WHAT YOU WILL DO » Which of the lines in the data below contain the string "negsuc"? Copy each of them.
[[ DATA FOR THIS TASK open ]]
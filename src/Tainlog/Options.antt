-- ===== src/Tainlog/Options.antt =====
-- validate_cmdline of srvctl/src/tainlog.c. apr_atoi64 is a parameter.
use ngim.Base.{
  ℕ, ◌≡◌, ◌≤◌, Option, none, some, [], ◌∷◌, pos, negsuc, ◌&&◌, has, ℤ, above, below, is_negative,
  magnitude, if◌then◌else◌, if-ind, Gives, Gives-some, Gives-none, arith,
}
use ngim.Cmdline.{Str}

abbrev pub cmd_help : ℕ
cmd_help = 1

abbrev pub cmd_keep : ℕ
cmd_keep = 2

abbrev pub cmd_keepall : ℕ
cmd_keepall = 4

abbrev pub cmd_logdir : ℕ
cmd_logdir = 8

abbrev pub cmd_buffer : ℕ
cmd_buffer = 64

abbrev pub cmd_file : ℕ
cmd_file = 128

abbrev pub default_bufsize : ℕ
default_bufsize = 148

abbrev pub max_bufsize : ℕ
max_bufsize = 4096

abbrev pub min_bufsize : ℕ
min_bufsize = 60

abbrev pub default_filesize : ℕ
default_filesize = 100000

abbrev pub min_filesize : ℕ
min_filesize = 1000

abbrev pub max_filesize : ℕ
max_filesize = 100000000

abbrev pub default_keepnum : ℕ
default_keepnum = 10

abbrev pub max_keepnum : ℕ
max_keepnum = 100000

-- The default of `arg_logdir`.
abbrev pub dir_tainlog : Str
dir_tainlog = b't' ∷ b'a' ∷ b'i' ∷ b'n' ∷ b'l' ∷ b'o' ∷ b'g' ∷ []

-- The variables that ngim_cmdline_parse wrote. One whose parameter was given is set.
pub record Arguments : Type 0 where
  pub root : Option Str
  pub keep : Str
  pub logdir : Str
  pub file : Str
  pub buffer : Str

-- What validate_cmdline leaves; `keepnum` is `none` for -1.
pub record Options : Type 0 where
  pub keepnum : Option ℕ
  pub logdir : Str
  pub filesize : ℕ
  pub bufsize : ℕ

-- "Make sure we have a sane value", for --keep.
unfoldable pub keepnum_of : ℤ → Option ℕ
keepnum_of num =
    if above max_keepnum num
    then some max_keepnum
    else if is_negative num
    then none
    else some (magnitude num)

-- The same for --logsize, where a number is too small below `min_bufsize`.
unfoldable pub filesize_of : ℤ → ℕ
filesize_of num =
    if above max_filesize num
    then max_filesize
    else if below min_bufsize num
    then min_filesize
    else magnitude num

-- The same for --line-buffer.
unfoldable pub bufsize_of : ℤ → ℕ
bufsize_of num =
    if above max_bufsize num
    then max_bufsize
    else if below min_bufsize num
    then min_bufsize
    else magnitude num

module _ (atoi : Str → ℤ) where
  unfoldable pub options_of : ℕ → Arguments → Options
  unfolding keepnum_of filesize_of bufsize_of
  options_of selected args = record {
    keepnum =
        if has selected cmd_keep
        then keepnum_of (atoi args.keep)
        else if has selected cmd_keepall
        then none
        else some default_keepnum;
    logdir = if has selected cmd_logdir then args.logdir else dir_tainlog;
    filesize = if has selected cmd_file then filesize_of (atoi args.file) else default_filesize;
    bufsize = if has selected cmd_buffer then bufsize_of (atoi args.buffer) else default_bufsize;
  }

  unfoldable pub with_root : ℕ → Arguments → Option Str → Option Options
  unfolding options_of
  with_root selected args none = none
  with_root selected args (some root) =
      if has selected cmd_keep && has selected cmd_keepall
      then none
      else some (options_of selected args)

  -- validate_cmdline: `none` is a negative return value.
  unfoldable pub validate_cmdline : ℕ → Arguments → Option Options
  unfolding with_root
  validate_cmdline selected args =
      if has selected cmd_help then none else with_root selected args args.root

keepnum_of_le : (num : ℤ) (n : ℕ) → keepnum_of num ≡ some n → n ≤ max_keepnum
unfolding keepnum_of
keepnum_of_le (pos m) n e = ground arith
keepnum_of_le (negsuc m) n e = ground arith

filesize_of_bounds : (num : ℤ) → (min_bufsize ≤ filesize_of num) × (filesize_of num ≤ max_filesize)
unfolding filesize_of
filesize_of_bounds (pos m) = ground arith
filesize_of_bounds (negsuc m) = ground arith

bufsize_of_bounds : (num : ℤ) → (min_bufsize ≤ bufsize_of num) × (bufsize_of num ≤ max_bufsize)
unfolding bufsize_of
bufsize_of_bounds (pos m) = ground arith
bufsize_of_bounds (negsuc m) = ground arith

-- The sizes and the number that the program goes on with.
pub record AreInRange (o : Options) : Type 0 where
  pub keep_le : (n : ℕ) → o.keepnum ≡ some n → n ≤ max_keepnum
  pub filesize_ge : min_bufsize ≤ o.filesize
  pub filesize_le : o.filesize ≤ max_filesize
  pub bufsize_ge : min_bufsize ≤ o.bufsize
  pub bufsize_le : o.bufsize ≤ max_bufsize

module _ (atoi : Str → ℤ) (selected : ℕ) (args : Arguments) where
  options_of-keepnum : (n : ℕ) → (options_of atoi selected args).keepnum ≡ some n → n ≤ max_keepnum
  unfolding options_of
  options_of-keepnum n e = ground (arith, keepnum_of_le (atoi args.keep) n)

  options_of-AreInRange : AreInRange (options_of atoi selected args)
  unfolding options_of
  options_of-AreInRange =
      let f = filesize_of_bounds (atoi args.file) in
      let b = bufsize_of_bounds (atoi args.buffer) in
      record {
        keep_le = options_of-keepnum;
        filesize_ge = ground arith;
        filesize_le = ground arith;
        bufsize_ge = ground arith;
        bufsize_le = ground arith;
      }

  with_root-AreInRange : (root : Option Str) → Gives AreInRange (with_root atoi selected args root)
  unfolding with_root
  with_root-AreInRange none = Gives-none AreInRange
  with_root-AreInRange (some root) =
      if-ind (Gives AreInRange) (has selected cmd_keep && has selected cmd_keepall)
        (λ _. Gives-none AreInRange)
        (λ _. Gives-some AreInRange (options_of atoi selected args) options_of-AreInRange)

  -- Whatever numbers the command line has, one that is accepted leaves at most 100000 files to keep,
  -- or no bound, a file size from 60 to 100000000 bytes, where 1000 is meant to be the least, and a
  -- buffer of 60 to 4096 bytes.
  pub validate_cmdline-AreInRange :
      {o : Options} → validate_cmdline atoi selected args ≡ some o → AreInRange o
  unfolding validate_cmdline
  validate_cmdline-AreInRange {o} e =
      if-ind (Gives AreInRange) (has selected cmd_help) (λ _. Gives-none AreInRange)
        (λ _. with_root-AreInRange args.root) o e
[[ DATA FOR THIS TASK closed ]]
TASK RESPONSE »
  ℕ, ◌≡◌, ◌≤◌, Option, none, some, [], ◌∷◌, pos, negsuc, ◌&&◌, has, ℤ, above, below, is_negative,
keepnum_of_le (negsuc m) n e = ground arith
filesize_of_bounds (negsuc m) = ground arith
bufsize_of_bounds (negsuc m) = ground arith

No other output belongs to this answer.